[RECORDS TO USE Boundary: Start]

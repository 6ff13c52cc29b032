-- ===== src/Tests/Messages.antt =====
-- packages/jellyfish-transaction/src/script/dftx: DeFi transactions that are read back.
use jellyfishsdk.Prelude.{
  ℕ, ◌≡◌, ◌≤◌, refl, arith, List, [], ◌∷◌, length, inl, ap, sym, ◌∙◌, subst, All, ◌++◌, Result, ok,
  err,
}
use jellyfishsdk.Buffer.Codec.{Codec, ReadBack, write_each, record_of, ◌▹◌, chain}
use jellyfishsdk.Buffer.Codec.Ending.{EndBack}
use jellyfishsdk.Buffer.CompactSize.{max_safe_integer, write_compact_size}
use jellyfishsdk.Buffer.VarInt.{write_var_int, write_down, var_int_digits}
use jellyfishsdk.Buffer.Amounts.{write_big_number_uint64, write_max_price, write_price}
use jellyfishsdk.Buffer.Hex.{Text, from_hex}
use jellyfishsdk.Script.PushData.{get_len_op_buffer}
use jellyfishsdk.Script.Codes.{code, control}
use jellyfishsdk.Script.Codes.Control.{op_return}
use jellyfishsdk.Script.OpCode.{
  OpCode, static, defi_tx, as_buffer, op_code, script, write_script, is_defi_script,
}
use jellyfishsdk.Script.OpCode.RoundTrip.{IsScript, HasSafeLength, script-RoundTrip}
use jellyfishsdk.Dftx.Pool.{c_pool_swap}
use jellyfishsdk.Dftx.Message.{DfTx, pool_swap, type_of}
use jellyfishsdk.Dftx.Message.Dispatch.{dftx_signature, write_dftx, write_data, c_dftx}
use jellyfishsdk.Dftx.Message.Transaction.{IsDfTx, IsPushable, c_dftx-EndBack, defi_script-ReadBack}
use jellyfishsdk.Dftx.Governance.{GovernanceVar, lp_daily_reward, lp_splits, governance_vars}
use jellyfishsdk.Dftx.Governance.RoundTrip.{IsGovernanceVar, governance_vars_back}
use jellyfishsdk.Platform.{IsByte}
use jellyfishsdk.Tests.Node.{node_buffer, scaled}
use jellyfishsdk.Tests.Scripts.{raw_dftx, p2pkh, p2pkh_safe}

abbrev Words : Type 0
Words = List (OpCode Text)

abbrev c_script : Codec Words
c_script = script raw_dftx

abbrev IsWritten : Words → Type 0
IsWritten stack = IsScript raw_dftx stack × HasSafeLength raw_dftx stack

-- 1.5 coins of token 3 for token 4, at 2.50000001 or less.
abbrev swap : DfTx ℕ Words
swap = record {
  signature = dftx_signature;
  message = pool_swap (record {
    from_script = p2pkh;
    from_token_id = 3;
    from_amount = 150000000;
    to_script = p2pkh;
    to_token_id = 4;
    max_price = 250000001;
  });
}

p2pkh-IsWritten : IsWritten p2pkh
unfolding is_defi_script
p2pkh-IsWritten =
    (inl ((tt, (tt, ((omega arith, omega arith, omega arith), (tt, (tt, tt))))), refl), p2pkh_safe)

swap-IsDfTx : IsDfTx c_script IsWritten swap
swap-IsDfTx = (
  refl,
  (
    p2pkh-IsWritten,
    (
      omega arith,
      (
        (150000000, refl, omega arith),
        (p2pkh-IsWritten, (omega arith, (250000001, refl, omega arith))),
      ),
    ),
  ),
)

c_dftx-EndBack_example : EndBack {A = DfTx ℕ Words} (c_dftx c_script) swap
c_dftx-EndBack_example =
    c_dftx-EndBack c_script IsWritten swap (script-RoundTrip raw_dftx) swap-IsDfTx

length_or_zero : Result (List ℕ) → ℕ
length_or_zero r = elim r [ ok bs ↦ length bs | err e ↦ 0 ]

swap_length : length_or_zero (write_dftx {N = ℕ} c_script swap) ≡ 47
unfolding length_or_zero write_dftx write_data type_of c_pool_swap record_of ◌▹◌ chain write_each
    as_buffer code from_hex get_len_op_buffer write_script write_compact_size write_var_int
    write_down var_int_digits write_big_number_uint64 write_max_price write_price
swap_length = refl

swap-IsPushable : IsPushable c_script IsWritten swap
unfolding length_or_zero
swap-IsPushable bs e =
    subst (λ l. l ≤ 16777215) (sym swap_length ∙ ap length_or_zero e) (omega arith)

abbrev swap_script : List (OpCode (DfTx ℕ Words))
swap_script = static (control op_return) ∷ defi_tx swap ∷ []

swap_script_length : length_or_zero (write_each (op_code (c_dftx c_script)) swap_script) ≡ 49
unfolding length_or_zero write_dftx write_data type_of c_pool_swap record_of ◌▹◌ chain write_each
    as_buffer code from_hex get_len_op_buffer write_script write_compact_size write_var_int
    write_down var_int_digits write_big_number_uint64 write_max_price write_price
swap_script_length = refl

swap_script_safe : HasSafeLength {D = DfTx ℕ Words} (c_dftx c_script) swap_script
unfolding length_or_zero
swap_script_safe bs e =
    subst (λ l. l ≤ max_safe_integer) (sym swap_script_length ∙ ap length_or_zero e) (omega arith)

defi_script-ReadBack_example :
    ReadBack {A = List (OpCode (DfTx ℕ Words))} (script (c_dftx c_script)) swap_script (9 ∷ [])
defi_script-ReadBack_example =
    defi_script-ReadBack c_script IsWritten swap [] (9 ∷ []) (script-RoundTrip raw_dftx) swap-IsDfTx
      swap-IsPushable tt swap_script_safe

-- 2.5 coins a day, and a third of them for the pool of token 5.
abbrev rewards : List (GovernanceVar ℕ)
rewards =
    lp_daily_reward 250000000 ∷ lp_splits (record { token_id = 5; value = 33333333 } ∷ []) ∷ []

rewards_fit : All IsGovernanceVar rewards
rewards_fit = (
  (250000000, refl, omega arith),
  ((((omega arith, (33333333, refl, omega arith)), tt), omega arith), tt),
)

governance_vars_back_example :
    (bs : List ℕ) × ((governance_vars {N = ℕ} 4).to_buffer rewards ≡ ok bs)
    × All IsByte bs
    × ((rest : List ℕ)
        → length rest ≡ 4
        → (governance_vars {N = ℕ} 4).from_buffer (bs ++ rest) ≡ ok (rewards, rest))
governance_vars_back_example = governance_vars_back ℕ 4 rewards rewards_fit
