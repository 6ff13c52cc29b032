-- ===== src/Tests/Network.antt =====
-- packages/jellyfish-network/src/BlockSubsidy.ts: runs, and the theorems with the main network's
-- options.
use jellyfishsdk.Prelude.{ℕ, ◌*◌, ◌+◌, ◌≡◌, refl, arith, some}
use jellyfishsdk.Platform.{coin}
use jellyfishsdk.Network.BlockSubsidy.{
  CoinbaseSubsidyOptions, BlockSubsidy, main_net_coinbase_subsidy_options, block_subsidy,
  get_supply, get_block_subsidy, compute_block_reduction_subsidies, reduction_rounds,
  reduction_amount,
}
use jellyfishsdk.Network.BlockSubsidy.Totals.{IsOptions, burned}
use jellyfishsdk.Network.BlockSubsidy.Supply.{
  subsidies_up_to, get_supply-subsidies_up_to, get_block_subsidy_end,
}
use jellyfishsdk.Tests.Node.{scaled}
use mathlib.Core.Option

abbrev main_net : CoinbaseSubsidyOptions
main_net = main_net_coinbase_subsidy_options

main_net-IsOptions : IsOptions main_net
main_net-IsOptions = record {
  reduction = omega arith;
  interval = omega arith;
  eunos = omega arith;
  burn = omega arith;
}

-- The first block after the first reduction.
reduced_block :
    Option.map (λ s. get_block_subsidy s 926690) (block_subsidy {N = ℕ} main_net)
    ≡ some (39832443680 * coin)
unfolding block_subsidy get_block_subsidy compute_block_reduction_subsidies reduction_rounds
    reduction_amount
reduced_block = refl

get_supply-subsidies_up_to_example :
    (s : BlockSubsidy ℕ) × (total : ℕ) × (block_subsidy main_net ≡ some s)
    × (get_supply s 1000000 ≡ some total)
    × (scaled.plus total (scaled.of_number (burned main_net 1000000))
        ≡ subsidies_up_to ℕ main_net s 1000000)
get_supply-subsidies_up_to_example =
    get_supply-subsidies_up_to ℕ main_net 1000000 main_net-IsOptions

get_block_subsidy_end_example :
    (s : BlockSubsidy ℕ) × (last : ℕ) × (block_subsidy main_net ≡ some s)
    × ((more : ℕ) → get_block_subsidy s (last + more) ≡ scaled.of_number 0)
get_block_subsidy_end_example = get_block_subsidy_end ℕ main_net main_net-IsOptions
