-- ===== src/Tests/RichList.antt =====
-- packages/rich-list-core/src/persistent: runs, and the theorems at concrete inputs.
use jellyfishsdk.Prelude.{
  ℕ, ◌⊎◌, ◌≤◌, ◌≡◌, refl, arith, List, [], ◌∷◌, ◌++◌, All, length, leb, if◌then◌else◌,
}
use jellyfishsdk.Buffer.Hex.{Text}
use jellyfishsdk.RichList.Queue.{push, receive, remove_first, IsAbsent, push_lem, receive-keeps}
use jellyfishsdk.RichList.Database.{
  Schema, Database, put, delete, delete_in, list, partition_of, drop_last, has_id, put_in,
  sort_entries, insert, remove_id,
}
use jellyfishsdk.RichList.Database.Laws.{
  IsDatabase, IsDescending, greatest, database-IsDatabase, list-top,
}
use mathlib.Core.List.{Perm}

abbrev alice : Text
alice = b'a' ∷ []

abbrev bob : Text
bob = b'b' ∷ []

abbrev carol : Text
carol = b'c' ∷ []

abbrev queue : List Text
queue = alice ∷ bob ∷ carol ∷ []

push_again : push alice queue ≡ bob ∷ carol ∷ alice ∷ []
unfolding push remove_first
push_again = refl

-- Four are asked for, and one of the three is received.
receive_few : receive 4 queue ≡ (carol ∷ [], alice ∷ bob ∷ [])
unfolding receive
receive_few = refl

push_lem_example :
    (IsAbsent bob queue × (push bob queue ≡ queue ++ (bob ∷ [])))
    ⊎ ((front : List Text) × (back : List Text) × (queue ≡ front ++ (bob ∷ back))
        × IsAbsent bob front
        × (push bob queue ≡ (front ++ back) ++ (bob ∷ [])))
push_lem_example = push_lem bob queue

receive-keeps_example : (receive 4 queue).1 ++ (receive 4 queue).0 ≡ queue
receive-keeps_example = receive-keeps 4 queue

-- One is asked for, and all three are received.
receive_too_many : receive 1 queue ≡ (queue, [])
unfolding receive
receive_too_many = refl

abbrev token : Text
token = b'0' ∷ []

abbrev entry : Text → ℕ → Schema ℕ
entry id amount = record { id = id; partition = token; sort = amount; payload = amount }

abbrev balances : Database ℕ
balances = (token, entry alice 3 ∷ entry bob 8 ∷ []) ∷ []

balances-IsDatabase : IsDatabase balances
balances-IsDatabase = (((omega arith, tt), (tt, tt)), tt)

put_between :
    put (entry carol 5) balances ≡ (token, entry alice 3 ∷ entry carol 5 ∷ entry bob 8 ∷ []) ∷ []
unfolding put put_in sort_entries insert remove_id
put_between = refl

database-IsDatabase_example :
    IsDatabase (put (entry carol 5) balances) × IsDatabase (delete alice balances)
database-IsDatabase_example = database-IsDatabase (entry carol 5) alice balances balances-IsDatabase

-- An id that is not there: the last entry is deleted.
delete_absent : delete carol balances ≡ (token, entry alice 3 ∷ []) ∷ []
unfolding delete delete_in has_id drop_last
delete_absent = refl

abbrev top : List (Schema ℕ)
top = list (greatest token 1) balances

list-top_example :
    (others : List (Schema ℕ)) × Perm (top ++ others) (partition_of token balances)
    × IsDescending top
    × All (λ x. All (λ y. y.sort ≤ x.sort) others) top
    × (length top ≡ (
        if leb 1 (length (partition_of token balances))
        then 1
        else length (partition_of token balances)))
list-top_example = list-top token 1 balances balances-IsDatabase
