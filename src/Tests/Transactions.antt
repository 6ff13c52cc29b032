-- ===== src/Tests/Transactions.antt =====
-- packages/jellyfish-transaction/src/tx_composer.ts: transactions that are read back.
use jellyfishsdk.Prelude.{
  ℕ, ◌≤◌, refl, arith, List, [], ◌∷◌, length, some, inl, ap, subst, Result, ok, err,
}
use jellyfishsdk.Buffer.Codec.{ReadBack, write_each}
use jellyfishsdk.Buffer.CompactSize.{max_safe_integer}
use jellyfishsdk.Script.OpCode.RoundTrip.{IsScript}
use jellyfishsdk.Buffer.Hex.{Text}
use jellyfishsdk.Script.OpCode.{is_defi_script}
use jellyfishsdk.Tx.{
  Vin, Vout, Transaction, TransactionSegWit, c_transaction, c_transaction_seg_wit,
}
use jellyfishsdk.Buffer.Fields.Laws.{IsHexOf}
use jellyfishsdk.Block.{BlockHeader, Block, plain, seg_wit, c_block}
use jellyfishsdk.Block.RoundTrip.{IsBlockHeader, c_block-ReadBack}
use jellyfishsdk.Tx.RoundTrip.{IsTransaction, IsTransactionSegWit}
use jellyfishsdk.Tx.RoundTrip.{
  IsWritableScript, IsVin, IsVout, c_transaction-ReadBack, c_transaction_seg_wit-ReadBack,
}
use jellyfishsdk.Tests.Node.{node_buffer, scaled}
use jellyfishsdk.Tests.Scripts.{raw_dftx, hash, p2pkh, p2pkh_safe}

abbrev txid : Text
txid =
    b'0' ∷ b'1' ∷ b'0' ∷ b'1' ∷ b'0' ∷ b'1' ∷ b'0' ∷ b'1' ∷ b'0' ∷ b'1' ∷ b'0' ∷ b'1' ∷ b'0' ∷ b'1'
    ∷ b'0' ∷ b'1' ∷ b'0' ∷ b'1' ∷ b'0' ∷ b'1' ∷ b'0' ∷ b'1' ∷ b'0' ∷ b'1' ∷ b'0' ∷ b'1' ∷ b'0'
    ∷ b'1' ∷ b'0' ∷ b'1' ∷ b'0' ∷ b'1' ∷ b'0' ∷ b'1' ∷ b'0' ∷ b'1' ∷ b'0' ∷ b'1' ∷ b'0' ∷ b'1'
    ∷ b'0' ∷ b'1' ∷ b'0' ∷ b'1' ∷ b'0' ∷ b'1' ∷ b'0' ∷ b'1' ∷ b'0' ∷ b'1' ∷ b'0' ∷ b'1' ∷ b'0'
    ∷ b'1' ∷ b'0' ∷ b'1' ∷ b'0' ∷ b'1' ∷ b'0' ∷ b'1' ∷ b'0' ∷ b'1' ∷ b'0' ∷ b'1' ∷ []

abbrev pub input : Vin Text
input = record { txid = txid; index = 1; script = []; sequence = 0xffffffff }

-- 1.5 coins of the token 3 to the key's hash.
abbrev pub output : Vout ℕ Text
output = record { value = 150000000; script = p2pkh; token_id = some 3 }

abbrev pub tx : Transaction ℕ Text
tx = record { version = 4; vin = input ∷ []; vout = output ∷ []; lock_time = 7 }

abbrev signed_tx : TransactionSegWit ℕ Text
signed_tx = record {
  version = 4;
  marker = 0;
  flag = 1;
  vin = input ∷ [];
  vout = output ∷ [];
  witness = record { scripts = record { hex = hash } ∷ [] } ∷ [];
  lock_time = 7;
}

pub hash_plain : IsScript raw_dftx p2pkh
unfolding is_defi_script
hash_plain = inl ((tt, (tt, ((omega arith, omega arith, omega arith), (tt, (tt, tt))))), refl)

no_words : IsWritableScript raw_dftx []
unfolding is_defi_script write_each
no_words =
    (inl (tt, refl), λ bs e. subst (λ l. l ≤ max_safe_integer) (ap length_or_zero e) (omega arith))
  where
    length_or_zero : Result (List ℕ) → ℕ
    length_or_zero r = elim r [ ok bs ↦ length bs | err e ↦ 0 ]

input-IsVin : IsVin raw_dftx input
input-IsVin = ((omega arith, refl), (omega arith, (no_words, omega arith)))

output-IsVout : IsVout raw_dftx 4 output
output-IsVout = ((150000000, refl, omega arith), (hash_plain, p2pkh_safe), (3, refl, omega arith))

txid_of_32 : IsHexOf 32 txid
txid_of_32 = (omega arith, refl)

pub tx_fits : IsTransaction raw_dftx tx
tx_fits = (
  omega arith,
  (((input-IsVin, tt), omega arith), (((output-IsVout, tt), omega arith), omega arith)),
)

signed_tx_fits : IsTransactionSegWit raw_dftx signed_tx
signed_tx_fits = (
  omega arith,
  (
    omega arith,
    (
      omega arith,
      (
        ((input-IsVin, tt), omega arith),
        (
          ((output-IsVout, tt), omega arith),
          ((((((omega arith, omega arith), tt), omega arith), tt), refl), omega arith),
        ),
      ),
    ),
  ),
)

c_transaction-ReadBack_example : ReadBack (c_transaction raw_dftx) tx (5 ∷ [])
c_transaction-ReadBack_example = c_transaction-ReadBack raw_dftx tx (5 ∷ []) tx_fits

c_transaction_seg_wit-ReadBack_example : ReadBack (c_transaction_seg_wit raw_dftx) signed_tx []
c_transaction_seg_wit-ReadBack_example =
    c_transaction_seg_wit-ReadBack raw_dftx signed_tx [] signed_tx_fits

abbrev header : BlockHeader ℕ
header = record {
  version = 1;
  hash_prev_block = txid;
  hash_merkle_root = txid;
  time = 1600000000;
  bits = 0x1d00ffff;
  stake_modifier = txid;
  height = 100000000;
  minted_blocks = 0;
  signature = hash;
}

abbrev block : Block ℕ Text
block = record { block_header = header; transactions = plain tx ∷ seg_wit signed_tx ∷ [] }

header-IsBlockHeader : IsBlockHeader header
header-IsBlockHeader = (
  omega arith,
  (
    txid_of_32,
    (
      txid_of_32,
      (
        omega arith,
        (
          omega arith,
          (
            txid_of_32,
            ((1, refl, omega arith), ((0, refl, omega arith), (omega arith, omega arith))),
          ),
        ),
      ),
    ),
  ),
)

c_block-ReadBack_example : ReadBack (c_block raw_dftx) block (1 ∷ [])
c_block-ReadBack_example =
    c_block-ReadBack raw_dftx block (1 ∷ [])
      (header-IsBlockHeader, (((tx_fits, omega arith), ((signed_tx_fits, refl), tt)), omega arith))
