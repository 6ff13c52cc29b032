-- ===== src/Tests/Signature.antt =====
-- packages/jellyfish-transaction-signature/src: a signed transaction.
use jellyfishsdk.Prelude.{
  ℕ, zero, suc, ◌%◌, ◌≡◌, refl, arith, List, [], ◌∷◌, ◌++◌, length, false, none, some, ok, err,
  key_mismatch,
}
use jellyfishsdk.Buffer.Hex.{Text, to_hex}
use jellyfishsdk.Script.Codes.{constant}
use jellyfishsdk.Script.Codes.Constants.{op_0}
use jellyfishsdk.Script.OpCode.{static, push_data}
use jellyfishsdk.Tx.{TransactionSegWit}
use jellyfishsdk.Signature.{
  CreateHash, SignInputOption, SignOption, sighash_all, hash160, witness_of, sign, validate,
  sign_inputs, sign_input,
}
use jellyfishsdk.Signature.Signed.{IsValid, AreSigned, sign_lem}
use jellyfishsdk.Signature.Complete.{IsUsable, sign-total}
use jellyfishsdk.Tests.Node.{node_buffer, scaled}
use jellyfishsdk.Tests.Scripts.{raw_dftx, p2pkh, p2pkh_safe}
use jellyfishsdk.Tests.Transactions.{tx, tx_fits, hash_plain, input, output}
use jellyfishsdk.Signature.{
  as_witness_program, hash_prevouts, write_outpoints, hash_sequence, write_sequences,
  get_script_code, is_v0_p2wpkh, matches_key, guess_script_code, hash_outputs, c_witness_program,
}
use jellyfishsdk.Buffer.Hex.{hex_digit, from_hex}
use jellyfishsdk.Buffer.Codec.{write_each, record_of, ◌▹◌, chain}
use jellyfishsdk.Tx.{c_vout, c_vout_v4}
use jellyfishsdk.Buffer.Amounts.{write_big_number_uint64}
use jellyfishsdk.Buffer.CompactSize.{write_compact_size, write_words, write_tagged}
use jellyfishsdk.Buffer.Fields.{write_hex, write_hex_be}
use jellyfishsdk.Buffer.VarInt.{var_int_digits, write_down, write_var_int}
use jellyfishsdk.Script.Codes.{code}
use jellyfishsdk.Script.Codes.Bitwise.{bitwise_code}
use jellyfishsdk.Script.Codes.Stack.{stack_code}
use jellyfishsdk.Script.Codes.Crypto.{crypto_code}
use jellyfishsdk.Script.OpCode.{as_buffer, write_script, is_defi_script}
use jellyfishsdk.Script.PushData.{get_len_op_buffer}

abbrev sevens : ℕ → List ℕ
sevens zero = []
sevens (suc n) = 7 ∷ sevens n

-- Digests of the right length.
instance abbrev short_hash : CreateHash
short_hash = record {
  sha256 = λ bs. length bs % 256 ∷ sevens 31;
  ripemd160 = λ bs. length bs % 256 ∷ sevens 19;
  sha256_bytes = λ bs. omega arith;
  sha256_length = λ bs. refl;
}

abbrev key : List ℕ
key = 2 ∷ 9 ∷ []

-- The output that is spent pays to the key, and a hash signs itself.
abbrev option : SignInputOption ℕ Text
option = record {
  prevout = record {
    value = 200000000;
    script = static (constant op_0) ∷ push_data (to_hex (hash160 key)) ∷ [];
    token_id = some 0;
  };
  public_key = ok key;
  sign = λ h. ok h;
  witness_script = none;
}

abbrev sign_option : SignOption
sign_option = record { sig_hash_type = sighash_all; lock_time = false }

abbrev signed : TransactionSegWit ℕ Text
signed = record {
  version = 4;
  marker = 0;
  flag = 1;
  vin = input ∷ [];
  vout = output ∷ [];
  witness = witness_of (32 ∷ sevens 31 ++ sighash_all ∷ []) key ∷ [];
  lock_time = 7;
}

sign_runs : sign raw_dftx tx (option ∷ []) sign_option ≡ ok signed
unfolding sign validate sign_inputs sign_input to_hex as_witness_program hash_prevouts
    write_outpoints hash_sequence write_sequences get_script_code is_v0_p2wpkh matches_key
    guess_script_code hash_outputs c_witness_program hex_digit from_hex write_each record_of ◌▹◌
    chain c_vout c_vout_v4 write_big_number_uint64 write_compact_size write_words write_tagged
    write_hex write_hex_be var_int_digits write_down write_var_int code bitwise_code stack_code
    crypto_code as_buffer write_script is_defi_script get_len_op_buffer
sign_runs = refl

sign_lem_example :
    IsValid raw_dftx tx (option ∷ []) sign_option
    × AreSigned raw_dftx tx tx.vin (option ∷ []) signed.witness
    × (signed ≡ record {
      version = 4;
      marker = 0x00;
      flag = 0x01;
      vin = tx.vin;
      vout = tx.vout;
      witness = signed.witness;
      lock_time = 7;
    })
sign_lem_example = sign_lem raw_dftx tx (option ∷ []) sign_option signed sign_runs

-- A key that the output does not pay to is refused.
abbrev other_key : SignInputOption ℕ Text
other_key = record option {
  public_key = ok (2 ∷ []);
  prevout = record option.prevout {
    script = static (constant op_0) ∷ push_data (to_hex (sevens 20)) ∷ [];
  };
}

other_key_refused : sign raw_dftx tx (other_key ∷ []) sign_option ≡ err key_mismatch
unfolding sign validate sign_inputs sign_input to_hex as_witness_program hash_prevouts
    write_outpoints hash_sequence write_sequences get_script_code is_v0_p2wpkh matches_key
    guess_script_code hash_outputs c_witness_program hex_digit from_hex write_each record_of ◌▹◌
    chain c_vout c_vout_v4 write_big_number_uint64 write_compact_size write_words write_tagged
    write_hex write_hex_be var_int_digits write_down write_var_int code bitwise_code stack_code
    crypto_code as_buffer write_script is_defi_script get_len_op_buffer
other_key_refused = refl

-- The script is given, and fits.
abbrev given : SignInputOption ℕ Text
given = record option { witness_script = some p2pkh }

given-IsUsable : IsUsable raw_dftx given
unfolding get_script_code
given-IsUsable = (
  key,
  p2pkh,
  refl,
  refl,
  (hash_plain, p2pkh_safe),
  (200000000, refl, omega arith),
  λ h. (h, refl),
)

sign-total_example :
    (done : TransactionSegWit ℕ Text) × (sign raw_dftx tx (given ∷ []) sign_option ≡ ok done)
sign-total_example =
    sign-total raw_dftx tx (given ∷ []) sign_option tx_fits (omega arith, refl, refl)
      (given-IsUsable, tt) refl
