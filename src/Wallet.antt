-- ===== src/Wallet.antt =====
-- packages/jellyfish-wallet/src/wallet.ts: the accounts of a wallet, and which of them are used.
pub mod Discovery
use jellyfishsdk.Prelude.{
  ℕ, zero, suc, ◌+◌, List, [], ◌∷◌, ◌++◌, Bool, true, false, if◌then◌else◌, Result, ok, err, ◌>>=◌,
}
use jellyfishsdk.Prelude.Decimal.{decimal}
use jellyfishsdk.Buffer.Hex.{Text}

-- `WalletHdNodeProvider.derive` and `WalletAccountProvider.provide`, which derive keys, and
-- `WalletAccount.isActive`, which asks a service.
pub record Providers (HdNode Account : Type 0) : Type 0 where
  pub derive : Text → HdNode
  pub provide : HdNode → Account
  pub is_active : Account → Result Bool

pub record JellyfishWallet (HdNode Account : Type 0) : Type 0 where
  pub providers : Providers HdNode Account
  pub coin_type : ℕ
  pub purpose : ℕ

module _ {HdNode Account : Type 0} where
  unfoldable pub derive_path : JellyfishWallet HdNode Account → ℕ → Text
  derive_path wallet account =
      decimal wallet.coin_type
      ++ (b'/' ∷ (decimal wallet.purpose ++ (b'/' ∷ b'0' ∷ b'/' ∷ decimal account)))

  unfoldable pub derive_node : JellyfishWallet HdNode Account → ℕ → HdNode
  derive_node wallet account = wallet.providers.derive (derive_path wallet account)

  unfoldable pub get : JellyfishWallet HdNode Account → ℕ → Account
  get wallet account = wallet.providers.provide (derive_node wallet account)

  unfoldable pub is_usable : JellyfishWallet HdNode Account → ℕ → Result Bool
  is_usable wallet zero = ok true
  is_usable wallet (suc account) = wallet.providers.is_active (get wallet account)

  -- The rounds of the loop from an account on.
  unfoldable pub discover_from : JellyfishWallet HdNode Account → ℕ → ℕ → Result (List Account)
  discover_from wallet zero i = ok []
  discover_from wallet (suc rounds) i = do
    let account = get wallet i
    active ← wallet.providers.is_active account
    let more = (do rest ← discover_from wallet rounds (suc i); ok (account ∷ rest))
    if active then more else ok []

  unfoldable pub discover : JellyfishWallet HdNode Account → ℕ → Result (List Account)
  discover wallet max_accounts = discover_from wallet max_accounts 0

[RECORDS TO USE Boundary: End]

TASK PROMPT - Look through the preceding entries for the word "static". Report how many lines hold it, and only that number.

RESPONSE TO THE TASK - 5